# Scarecrow Veneers?



## Rikki (Aug 14, 2006)

Has anyone used them? My husband needs fangs for his costume but one of his eye teeth are broken so he can't really use the caps. Anything using adhesive is out of the question, too. But I saw these veneers and was wondering if the plastic used for molding is sticky (and also what exactly they mean by "snap in and out"). What holds them in place?
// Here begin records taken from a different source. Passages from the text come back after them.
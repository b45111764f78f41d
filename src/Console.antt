-- ===== src/Console.antt =====
-- The virtio-console device. (device/virtio-console/src)
pub mod PortMap
pub mod Message
pub mod Port
pub mod Control
pub mod Ports
pub mod Device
Any help would be greatly appreciated!


----------



## the dogman (Jul 8, 2007)

scarecrow uses thermoplastic to mold the teeth fitting.

its not sticky, not when its set at least.
what you do (and it should include instructions) is put the plastic pellets into near boiling water to let it get soft and moldable, fish it out squish it into a ball then mold it to the veneers, then your hubby will push them onto his teeth and suck in for i think 15 sec.
the plastic will set and the teeth will be home custom fit to him, so he can take them out and snap them back in after you trim the excess off

if it goes wrong don't worry, the plastic is reworkable till you get it right.

thing to watch for is that sometimes after frequent use the plastic may un-stick from the veneers and you will need to refit them.

hope that helps


----------



## GDfreak (Jul 11, 2006)

the dogman said:


> scarecrow uses thermoplastic to mold the teeth fitting.
> 
> its not sticky, not when its set at least.
> what you do (and it should include instructions) is put the plastic pellets into near boiling water to let it get soft and moldable, fish it out squish it into a ball then mold it to the veneers, then your hubby will push them onto his teeth and suck in for i think 15 sec.
> ...


Most of them don't even use the plastic pelets any more. It's just a compund you mix together and will harden just like the pelets. Not sticky at all.


----------



## Rikki (Aug 14, 2006)

Thanks guys! I've seen them for $18 - $25 (nowhere locally of course ) and just didn't want to waste that much money. Sounds like a good option though...guess I'll be ordering a set!


----------